With mementos from Bob Dylan's early years now a hot commodity in the wake of the new biopic "A Complete Unknown," a noteworthy artifact discovered by some Twin Cities journalists has caught attention.

"It can happen to you," reads an ad that ran in the University of Minnesota's student newspaper in 1971-72 featuring a photo of an underclassman who bears a strong resemblance to the future Bob Dylan. He's even wearing Dylan-style sunglasses as he rocks a typewriter.

Purportedly taken in the basement of Murphy Hall — then home to the Minnesota Daily newspaper and other U journalism school activities — the ad's purpose was to recruit new reviewers to the university's student newspaper.

"Robert Zimmerman of Hibbing, Minn., got his big break while writing for the Daily's arts and entertainment section several years ago," reads the copy underneath the photo.

Fifty-three years later, the unearthed ad confirms that the infamously poor-performing U student at least did something while attending the school — but it's not clear if he actually wrote anything for the Daily.

The originator of the advertisement was none other than Jon Bream, the Minnesota Star Tribune's loooooongtime music critic and a Dylan biographer. Bream cut his teeth as an arts editor at the Daily in the early '70s before he would spend the next five decades writing around the real meaning of "Little Red Corvette" to prudish Strib editors.

"We never determined that he published any stories," Bream now admits.

He offered this for a backstory on how the photo was found in the first place:

"One day, I was rummaging through the lone desk in the grungy A&E office in the basement of Murphy Hall. Among the ephemera in the wooden middle desk drawer were three black-and-white photos. One was a fuzzy-focused Spider John Koerner and Bob Dylan performing. One was Dylan, again a grainy photo, playing guitar in the window of the Ten O'Clock Scholar in Dinkytown. The third was a man in shades and a polo shirt at a typewriter. It sure looked like Bob Zimmerman banging away in what appeared to be the Daily office, in probably his freshman year, 1959-60."

The original photographer's name was written on the back of the photos, but he could never be tracked down; not surprising, given it was John Anderson, and this is Minnesota.

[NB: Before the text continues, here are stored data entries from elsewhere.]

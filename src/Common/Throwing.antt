-- ===== src/Common/Throwing.antt =====
-- What a function that may throw returns.
use mathlib.Core.Path.{◌≡◌, refl}
use mathlib.Core.Logic.{◌⊎◌, inl, inr}
use mathlib.Core.Bool.{Bool, true, false}

pub data Result (E A : Type 0) : Type 0 where
  ok : A → Result E A
  throw : E → Result E A

-- `if (bad) throw e;`
abbrev pub throw_if : {E : Type 0} → Bool → E → Result E (Unit {0})
throw_if true e = throw e
throw_if false e = ok tt

-- What follows a step that may throw.
infixl 5 ◌>>=◌ ◌>>◌
abbrev pub ◌>>=◌ : {E A B : Type 0} → Result E A → (A → Result E B) → Result E B
throw e >>= next = throw e
ok a >>= next = next a

abbrev pub ◌>>◌ : {E A : Type 0} → Result E (Unit {0}) → Result E A → Result E A
step >> after = step >>= λ _. after

pub Result-cases :
    {E A : Type 0} (r : Result E A) → ((a : A) × (r ≡ ok a)) ⊎ ((e : E) × (r ≡ throw e))
Result-cases (ok a) = inl (a, refl)
Result-cases (throw e) = inr (e, refl)

-- A chain that succeeds began with a step that succeeded.
pub >>=-eq-ok :
    {E A B : Type 0} (step : Result E A) (next : A → Result E B) {result : B}
    → ◌≡◌ {A = Result E B} (step >>= next) (ok result)
    → (value : A) × (step ≡ ok value) × (next value ≡ ok result)
>>=-eq-ok (throw e) next h = cc
>>=-eq-ok (ok value) next h = (value, refl, h)

pub ok_inj : {E A : Type 0} {a b : A} → ◌≡◌ {A = Result E A} (ok a) (ok b) → a ≡ b
ok_inj h = cc

-- A check that the chain passes.
pub throw_if-eq-ok :
    {E A : Type 0} (bad : Bool) (e : E) (next : Result E A) {a : A}
    → ◌≡◌ {A = Result E A} (throw_if bad e >> next) (ok a)
    → (bad ≡ false) × (next ≡ ok a)
throw_if-eq-ok true e next h = cc
throw_if-eq-ok false e next h = (refl, h)

pub throw_not_ok : {E A : Type 0} {e : E} {a : A} → ◌≡◌ {A = Result E A} (throw e) (ok a) → ⊥
throw_not_ok h = cc
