-- ===== src/Common/Trimming.antt =====
-- `s.trim()` on the white space of JavaScript.
use Prim.Native.Nat.{ℕ}
use mathlib.Core.Bool.{Bool}
use mathlib.Core.List.{[], ◌∷◌, reverse}
use masterplan.Common.Tests.{if◌then◌else◌}
use masterplan.Common.Equality.{Text, nat_eq}
use masterplan.Common.Sets.{includes}

white_space : Text
white_space =
    9 ∷ 10 ∷ 11 ∷ 12 ∷ 13 ∷ 32 ∷ 160 ∷ 5760 ∷ 8192 ∷ 8193 ∷ 8194 ∷ 8195 ∷ 8196 ∷ 8197 ∷ 8198 ∷ 8199
    ∷ 8200 ∷ 8201 ∷ 8202 ∷ 8232 ∷ 8233 ∷ 8239 ∷ 8287 ∷ 12288 ∷ 65279 ∷ []

-- `/\s/` at one code unit.
unfoldable pub is_space : ℕ → Bool
unfolding white_space includes
is_space = includes white_space

trim_start : Text → Text
unfolding white_space includes
trim_start [] = []
trim_start (c ∷ cs) = if includes white_space c then trim_start cs else c ∷ cs

unfoldable pub trim : Text → Text
unfolding trim_start
trim s = reverse (trim_start (reverse (trim_start s)))

-- `s.replace(/\s*$/, '')`
unfoldable pub trim_end : Text → Text
unfolding trim_start
trim_end s = reverse (trim_start (reverse s))
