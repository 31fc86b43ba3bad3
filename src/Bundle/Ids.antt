-- ===== src/Bundle/Ids.antt =====
-- Task ids (lib/bundle.mjs). An id is a number or a string; plan.index.json often holds "1" where
-- state.yml holds 1, so the source compares `String(id)` and coerces numeric strings to numbers.
use masterplan.Common.{
  ℕ, zero, suc, ◌+◌, ◌-◌, ◌*◌, ◌/◌, ◌%◌, ◌≡◌, ◌<◌, ◌↔◌, Bool, true, false, ◌&&◌, [], ◌∷◌, Text,
  text_eq, text_eq_iff, Eq, eqb, ltb, leb, if◌then◌else◌, arith, Bool-cases, inl, inr, ap, ◌∙◌,
}

-- `negsuc n` is -(n + 1).
pub data ℤ : Type 0 where
  pos : ℕ → ℤ
  negsuc : ℕ → ℤ

pub data TaskId : Type 0 where
  number : ℤ → TaskId
  named : Text → TaskId

-- `a === b`
unfoldable pub id_eq : TaskId → TaskId → Bool
id_eq (number (pos m)) (number (pos n)) = eqb m n
id_eq (number (negsuc m)) (number (negsuc n)) = eqb m n
id_eq (named s) (named t) = text_eq s t
id_eq _ _ = false

pub id_eq_iff : (a b : TaskId) → (id_eq a b ≡ true) ↔ (a ≡ b)
unfolding id_eq
id_eq_iff (number (pos m)) (number (pos n)) = ground arith
id_eq_iff (number (pos m)) (number (negsuc n)) = ground arith
id_eq_iff (number (negsuc m)) (number (pos n)) = ground arith
id_eq_iff (number (negsuc m)) (number (negsuc n)) = ground arith
id_eq_iff (number m) (named t) = ground arith
id_eq_iff (named s) (number n) = ground arith
id_eq_iff (named s) (named t) = ground (arith, text_eq_iff s t)

instance abbrev pub id_eq_instance : Eq TaskId
id_eq_instance = record { same = id_eq; same_iff = id_eq_iff }

-- The decimal digits of `n` before `acc`, on fuel.
digits : ℕ → ℕ → Text → Text
digits zero n acc = acc
digits (suc fuel) n acc =
    let rest = digits fuel (n / 10) ((48 + n % 10) ∷ acc) in
    if ltb n 10 then (48 + n % 10) ∷ acc else rest

-- `n` has at most `n + 1` digits, so the fuel suffices (`read_digits-digits`).
unfoldable pub show_nat : ℕ → Text
unfolding digits
show_nat n = digits (suc n) n []

unfoldable pub show_int : ℤ → Text
unfolding show_nat
show_int (pos n) = show_nat n
show_int (negsuc n) = b'-' ∷ show_nat (suc n)

-- `String(id)`
unfoldable pub key : TaskId → Text
unfolding show_int
key (number z) = show_int z
key (named t) = t

unfoldable pub is_digit : ℕ → Bool
is_digit c = leb b'0' c && leb c b'9'

unfoldable pub all_digits : Text → Bool
all_digits [] = true
all_digits (c ∷ cs) = is_digit c && all_digits cs

-- `/^\d+$/` and `/^-?\d+$/`
unfoldable pub some_digits : Text → Bool
some_digits [] = false
some_digits (c ∷ cs) = all_digits (c ∷ cs)

is_integer_text : Text → Bool
is_integer_text [] = false
is_integer_text (c ∷ cs) = if eqb c b'-' then some_digits cs else some_digits (c ∷ cs)

unfoldable pub read_digits : ℕ → Text → ℕ
read_digits acc [] = acc
read_digits acc (c ∷ cs) = read_digits (acc * 10 + (c - 48)) cs

-- The negative of a number; -0 is 0.
negate : ℕ → ℤ
negate zero = pos zero
negate (suc n) = negsuc n

-- `Number(s)` of an integer text.
read_int : Text → ℤ
read_int [] = pos 0
read_int (c ∷ cs) = if eqb c b'-' then negate (read_digits 0 cs) else pos (read_digits 0 (c ∷ cs))

-- `/^-?\d+$/.test(String(rawId)) ? Number(rawId) : rawId`, on integers that keep all their digits.
unfoldable pub coerce_id : TaskId → TaskId
unfolding is_integer_text some_digits all_digits is_digit read_int read_digits negate
coerce_id (number z) = number z
coerce_id (named t) = if is_integer_text t then number (read_int t) else named t

some_digits-digits :
    (fuel n d : ℕ) (acc : Text)
    → all_digits (d ∷ acc) ≡ true
    → some_digits (digits fuel n (d ∷ acc)) ≡ true
unfolding digits some_digits all_digits is_digit
some_digits-digits zero n d acc h = h
some_digits-digits (suc fuel) n d acc h =
    ground (arith, some_digits-digits fuel (n / 10) (48 + n % 10) (d ∷ acc))

some_digits-show_nat : (n : ℕ) → some_digits (show_nat n) ≡ true
unfolding show_nat some_digits all_digits is_digit
some_digits-show_nat n = ground (arith, some_digits-digits n (n / 10) (48 + n % 10) [])

read_digits-digits :
    (fuel n : ℕ) (acc : Text) → n < fuel → read_digits 0 (digits fuel n acc) ≡ read_digits n acc
unfolding digits read_digits
read_digits-digits zero n acc h = elim h [ ]
read_digits-digits (suc fuel) n acc h = elim (Bool-cases (ltb n 10)) [
  | inl small ↦ rw small (ap (λ k. read_digits k acc) (ground arith))
  | inr large ↦ rw large (
      read_digits-digits fuel (n / 10) ((48 + n % 10) ∷ acc) (ground arith)
      ∙ ap (λ k. read_digits k acc) (ground arith))
]

read_digits-show_nat : (n : ℕ) → read_digits 0 (show_nat n) ≡ n
unfolding show_nat read_digits
read_digits-show_nat n = read_digits-digits (suc n) n [] (omega arith)

coerce_id-digits :
    (t : Text) → some_digits t ≡ true → coerce_id (named t) ≡ number (pos (read_digits 0 t))
unfolding coerce_id
coerce_id-digits [] h = cc
coerce_id-digits (c ∷ cs) h = ground arith

coerce_id-minus :
    (t : Text)
    → some_digits t ≡ true
    → coerce_id (named (b'-' ∷ t)) ≡ number (negate (read_digits 0 t))
unfolding coerce_id
coerce_id-minus t h = ground arith

-- A number's text is coerced back to the number, so that "1" in plan.index.json and 1 in state.yml
-- are one id.
coerce_id-key : (z : ℤ) → coerce_id (named (key (number z))) ≡ number z
unfolding key negate
coerce_id-key (pos n) =
    coerce_id-digits (show_nat n) (some_digits-show_nat n)
    ∙ ap (λ k. number (pos k)) (read_digits-show_nat n)
coerce_id-key (negsuc n) =
    coerce_id-minus (show_nat (suc n)) (some_digits-show_nat (suc n))
    ∙ ap (λ k. number (negate k)) (read_digits-show_nat (suc n))

-- Two numbers with one text are one number.
pub key-number_inj : (y z : ℤ) → key (number y) ≡ key (number z) → y ≡ z
key-number_inj y z h = cc (coerce_id-key y, coerce_id-key z)
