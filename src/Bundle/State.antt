-- ===== src/Bundle/State.antt =====
-- The state object of a run bundle, docs/masterplan/<slug>/state.yml, as lib/bundle.mjs seeds and
-- writes it, with the plan entries of plan.index.json. A string property whose values the code
-- tells apart is a data type with a constructor for any other string; `none` is an absent or null
-- property.
use masterplan.Common.{ℕ, Bool, true, false, List, Option, none, some, Text, eqb}
use masterplan.Bundle.Ids.{TaskId}

-- A task's `wave`. Negative waves, which validatePlanIndex rejects, are not modelled.
pub data Wave : Type 0 where
  unset : Wave
  integer : ℕ → Wave
  malformed : Text → Wave

-- `w ?? v`
abbrev pub wave_or : Wave → Wave → Wave
wave_or unset v = v
wave_or (integer n) v = integer n
wave_or (malformed t) v = malformed t

-- `Number.isInteger(w)`, with the integer.
abbrev pub wave_number : Wave → Option ℕ
wave_number (integer n) = some n
wave_number _ = none

-- `w === n`
abbrev pub in_wave : ℕ → Wave → Bool
in_wave n (integer m) = eqb m n
in_wave n _ = false

pub data TaskStatus : Type 0 where
  pending in_progress done blocked waived : TaskStatus
  other : Text → TaskStatus

-- `status !== 'done' && status !== 'blocked' && status !== 'waived'`
abbrev pub is_open : TaskStatus → Bool
is_open done = false
is_open blocked = false
is_open waived = false
is_open _ = true

abbrev pub is_blocked : TaskStatus → Bool
is_blocked blocked = true
is_blocked _ = false

-- An element of `state.tasks`.
pub record Task : Type 0 where
  pub id : TaskId
  pub status : TaskStatus
  pub wave : Wave
  pub files : Option (List Text)
  pub block_reason : Option Text
  pub waive_reason : Option Text

-- An element of plan.index.json's `tasks`.
pub record PlanTask : Type 0 where
  pub id : Option TaskId
  pub idx : Option TaskId
  pub wave : Wave
  pub parallel_group : Wave
  pub files : Option (List Text)
  pub description : Option Text
  pub verify_commands : Option (List Text)
  pub class : Option Text

-- `pending_gate`, the durable approval marker.
pub record Gate : Type 0 where
  pub id : Text
  pub opened_at : Text

-- `active_run.kind`: absent, empty or no string; one of the kinds with a name; or another string.
pub data RunKind : Type 0 where
  unnamed bootstrap plan_run : RunKind
  other_kind : Text → RunKind

pub record ActiveRun : Type 0 where
  pub kind : RunKind
  pub wave : Wave
  pub launching : Bool
  pub run_id : Option Text
  pub task_id : Option Text
  pub scope : Option (List Text)
  pub baseline : Option (List Text)

pub data Phase : Type 0 where
  brainstorm plan execute : Phase
  other_phase : Text → Phase

pub data RunStatus : Type 0 where
  in_progress archived : RunStatus
  other_status : Text → RunStatus

pub record CodexConfig : Type 0 where
  pub routing : Option Text
  pub review : Option Bool

pub record ReviewConfig : Type 0 where
  pub adversary : Option Bool

pub record RenderConfig : Type 0 where
  pub images : Option Text

-- An entry of `coordination.issue_map`.
pub record IssueEntry : Type 0 where
  pub issue : Option ℕ
  pub pr : Option ℕ
  pub merge_sha : Option Text
  pub status : Option Text
  pub wave : Option ℕ

pub record Coordination : Type 0 where
  pub mode : Option Text
  pub contract_ref : Option Text
  pub integration_branch : Option Text
  pub local_run_branch : Option Text
  pub current_wave : Option ℕ
  pub published_waves : Option (List ℕ)
  pub base_sha_by_wave : Option (List (ℕ × Text))
  pub issue_map : Option (List (Text × IssueEntry))

-- An entry of `refs.back` or `refs.forward`.
pub record RefEntry : Type 0 where
  pub slug : Text
  pub label : Option Text
  pub repo : Option Text

pub record Refs : Type 0 where
  pub back : Option (List RefEntry)
  pub forward : Option (List RefEntry)

pub record State : Type 0 where
  pub schema_version : ℕ
  pub slug : Text
  pub topic : Text
  pub created_at : Text
  pub status : RunStatus
  pub phase : Option Phase
  pub complexity : Option Text
  pub complexity_source : Option Text
  pub autonomy : Option Text
  pub planning_mode : Option Text
  pub predecessor_transcript : Option Text
  pub spec_path : Option Text
  pub plan_path : Option Text
  pub plan_index_path : Option Text
  pub worktree : Option Text
  pub worktree_disposition : Option Text
  pub verified_sha : Option Text
  pub tasks : List Task
  pub active_run : Option ActiveRun
  pub pending_gate : Option Gate
  pub finish_review_new : Bool
  pub goals_enabled : Bool
  pub codex : Option CodexConfig
  pub review : Option ReviewConfig
  pub render : Option RenderConfig
  pub owner_lock_off : Bool
  pub dispatch_fabric : Bool
  pub coordination : Option Coordination
  pub refs : Option Refs
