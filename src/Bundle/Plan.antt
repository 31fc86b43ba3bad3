-- ===== src/Bundle/Plan.antt =====
-- From plan.index.json to `state.tasks`: `loadPlanTasks`, `applyPlanIndex`,
-- `buildTasksFromPlanIndex` and `upsertTasks` of lib/bundle.mjs.
use masterplan.Common.{
  Bool, true, false, not, ◌&&◌, ◌||◌, List, [], ◌∷◌, ◌++◌, map, Option, none, some, Text, text,
  is_some, get_or, or_option, if◌then◌else◌, filter, includes, Result, ok, throw, ◌>>=◌, ◌==◌,
  text_eq_instance, dedupe,
}
use masterplan.Bundle.Ids.{TaskId, named, key, coerce_id}
use masterplan.Bundle.State.{
  State, Task, PlanTask, Wave, wave_or, wave_number, TaskStatus, pending, execute,
}

pub data PlanError : Type 0 where
  already_loaded empty_plan missing_id : PlanError
  wave_not_integer : Option TaskId → Wave → PlanError
  duplicate_ids : List Text → PlanError
  refused_prune : List TaskId → PlanError

-- `p.id ?? p.idx`, and its text; that of an absent id is "undefined".
abbrev pub raw_id : PlanTask → Option TaskId
raw_id p = or_option p.id p.idx

unfoldable pub undefined_text : Text
undefined_text = text "undefined"

abbrev pub id_text : Option TaskId → Text
id_text none = undefined_text
id_text (some id) = key id

abbrev pub plan_key : PlanTask → Text
plan_key p = id_text (raw_id p)

abbrev pub plan_wave : PlanTask → Wave
plan_wave p = wave_or p.wave p.parallel_group

-- An entry that was read from plan.index.json as a new task.
abbrev pub fresh_task : TaskId → Wave → List Text → Task
fresh_task id wave files = record {
  id = id;
  status = pending;
  wave = wave;
  files = some files;
  block_reason = none;
  waive_reason = none;
}

-- `id` is copied as it stands. An absent id is stored as the text "undefined"; the verb `load-plan`
-- runs validatePlanIndex first, which refuses it.
unfoldable pub load_entry : PlanTask → Result PlanError Task
load_entry p = elim (wave_number (plan_wave p)) [
  | none ↦ throw (wave_not_integer (raw_id p) (plan_wave p))
  | some n ↦
      ok (fresh_task (get_or (raw_id p) (named undefined_text)) (plan_wave p) (get_or p.files []))
]

unfoldable pub load_entries : List PlanTask → Result PlanError (List Task)
unfolding load_entry
load_entries [] = ok []
load_entries (p ∷ ps) = do t ← load_entry p; ts ← load_entries ps; ok (t ∷ ts)

unfoldable pub load_plan_tasks : State → List PlanTask → Result PlanError State
load_plan_tasks s plan = elim s.tasks [
  | t ∷ ts ↦ throw already_loaded
  | [] ↦ elim plan [
    | [] ↦ throw empty_plan
    | p ∷ ps ↦
        load_entries (p ∷ ps) >>= λ tasks. ok (record s { tasks = tasks; phase = some execute })
  ]
]

-- `new Map(list.map(p => [key, p])).get(k)`: of equal keys the last one is kept.
unfoldable pub last_entry : List PlanTask → Text → Option PlanTask
last_entry [] k = none
last_entry (p ∷ ps) k =
    let later = last_entry ps k in or_option later (if plan_key p == k then some p else none)

abbrev pub refreshed : PlanTask → Task → Task
refreshed p t = record t {
  wave = wave_or (plan_wave p) t.wave;
  files = some (get_or (or_option p.files t.files) []);
}

unfoldable pub apply_entry : List PlanTask → Task → Task
apply_entry plan t = elim (last_entry plan (key t.id)) [ none ↦ t | some p ↦ refreshed p t ]

unfoldable pub apply_plan_index : State → List PlanTask → State
unfolding apply_entry
apply_plan_index s plan = record s { tasks = map (apply_entry plan) s.tasks }

-- A task of the plan whose id is absent or the empty string has no address.
unfoldable pub build_task : PlanTask → Result PlanError Task
build_task p = elim (raw_id p) [
  | none ↦ throw missing_id
  | some (TaskId.number z) ↦
      ok (fresh_task (coerce_id (TaskId.number z)) (plan_wave p) (get_or p.files []))
  | some (named []) ↦ throw missing_id
  | some (named (c ∷ cs)) ↦
      ok (fresh_task (coerce_id (named (c ∷ cs))) (plan_wave p) (get_or p.files []))
]

unfoldable pub build_tasks : List PlanTask → Result PlanError (List Task)
unfolding build_task
build_tasks [] = ok []
build_tasks (p ∷ ps) = do t ← build_task p; ts ← build_tasks ps; ok (t ∷ ts)

-- `keys.filter((k, i) => keys.indexOf(k) !== i)`: every occurrence but the first.
unfoldable pub repeats : List Text → List Text → List Text
repeats seen [] = []
repeats seen (k ∷ ks) =
    let rest = repeats (k ∷ seen) ks in if includes seen k then k ∷ rest else rest

abbrev pub is_pending : TaskStatus → Bool
is_pending pending = true
is_pending _ = false

-- A task that a prune may not drop without further consent. The source asks whether the keys of the
-- reasons are there; a key with the value null is not modelled.
abbrev pub has_state : Task → Bool
has_state t = not (is_pending t.status) || is_some t.block_reason || is_some t.waive_reason

-- What becomes of a task of the state.
pub data Fate : Type 0 where
  refresh : PlanTask → Fate
  untouched refused dropped : Fate

pub record Consent : Type 0 where
  pub prune : Bool
  pub prune_non_pending : Bool

unfoldable pub fate : List PlanTask → Consent → Task → Fate
fate plan c t = elim (last_entry plan (key t.id)) [
  | some p ↦ refresh p
  | none ↦
      if not c.prune
      then untouched
      else if has_state t && not c.prune_non_pending
      then refused
      else dropped
]

-- The record that the task goes on with; a dropped task is null.
abbrev pub survivor : Fate → Task → Option Task
survivor (refresh p) t = some (refreshed p t)
survivor dropped t = none
survivor _ t = some t

abbrev pub cons_option : Option Task → List Task → List Task
cons_option none ts = ts
cons_option (some t) ts = t ∷ ts

-- The tasks of the state without those that became null.
unfoldable pub keep_tasks : List PlanTask → Consent → List Task → List Task
keep_tasks plan c [] = []
keep_tasks plan c (t ∷ ts) = cons_option (survivor (fate plan c t) t) (keep_tasks plan c ts)

abbrev pub is_refresh : Fate → Bool
is_refresh (refresh p) = true
is_refresh _ = false

abbrev pub is_refused : Fate → Bool
is_refused refused = true
is_refused _ = false

abbrev pub is_dropped : Fate → Bool
is_dropped dropped = true
is_dropped _ = false

abbrev pub with_fate : (Fate → Bool) → List PlanTask → Consent → List Task → List Task
with_fate test plan c = filter (λ t. test (fate plan c t))

abbrev pub ids : List Task → List TaskId
ids = map (λ t. t.id)

abbrev pub keys : List Task → List Text
keys = map (λ t. key t.id)

abbrev pub appended_task : PlanTask → Task
appended_task p =
    fresh_task (coerce_id (get_or (raw_id p) (named undefined_text))) (plan_wave p)
      (get_or p.files [])

pub record Upsert : Type 0 where
  pub state : State
  pub appended : List TaskId
  pub refreshed_ids : List TaskId
  pub pruned : List TaskId

abbrev pub append_tasks : List Text → List PlanTask → List Task
append_tasks seen plan = map appended_task (filter (λ p. not (includes seen (plan_key p))) plan)

unfoldable pub upsert_merge : State → List PlanTask → Consent → Upsert
unfolding keep_tasks
upsert_merge s plan c =
    let matched = with_fate is_refresh plan c s.tasks in
    let appended = append_tasks (keys matched) plan in
    record {
      state = record s { tasks = keep_tasks plan c s.tasks ++ appended };
      appended = ids appended;
      refreshed_ids = ids matched;
      pruned = ids (with_fate is_dropped plan c s.tasks);
    }

unfoldable pub upsert_tasks : State → List PlanTask → Consent → Result PlanError Upsert
upsert_tasks s plan c = elim (repeats [] (map plan_key plan)) [
  | k ∷ ks ↦ throw (duplicate_ids (dedupe (k ∷ ks)))
  | [] ↦ elim (with_fate is_refused plan c s.tasks) [
    | t ∷ ts ↦ throw (refused_prune (ids (t ∷ ts)))
    | [] ↦ ok (upsert_merge s plan c)
  ]
]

Another longtime Twin Cities music critic and fellow rock biographer, Jim Walsh, is the one who dug up this Daily Dylan ad again, resulting in it being widely shared on Facebook this past week.

"Found it! This 1961 photo of Bob Dylan in the basement of Murphy Hall, taken just before he lit out for NYC and the tale told in 'A Complete Unknown,'" Walsh wrote in his post, which features an updated version of the ad that he ran in the late 1980s when he, too, worked at the Daily.

Another journalist and academic researcher, Blake Gumprecht, said he searched the Minnesota Daily's archives for the year that Dylan went to the U, but he did not come across anything written by Robert or Bob Zimmerman.

"Maybe he wasn't good enough to get a byline as a freshman?" Gumprecht theorized. However, he also acknowledged the archives from that era are incomplete.

Another former Daily arts writer from the mid-2010s, Jackie Renzetti, said there might have been pushback against those ads at some point formally refuting its claims.

"There was a bit of lore about the Daily getting in trouble for claiming Bob Dylan worked there and then not being able to prove it," Renzetti said. "It became kind of a joke like, 'You can't prove he didn't work at the Daily.'"

Asked what he thinks of the Daily Dylan mystery now, Walsh came to the same conclusion as nearly everyone else who has tried to dig into the Nobel Prize-winning rock icon's past — now including "A Complete Unknown's" factually playful filmmakers.

"Only Bob knows for sure, as usual," Walsh said.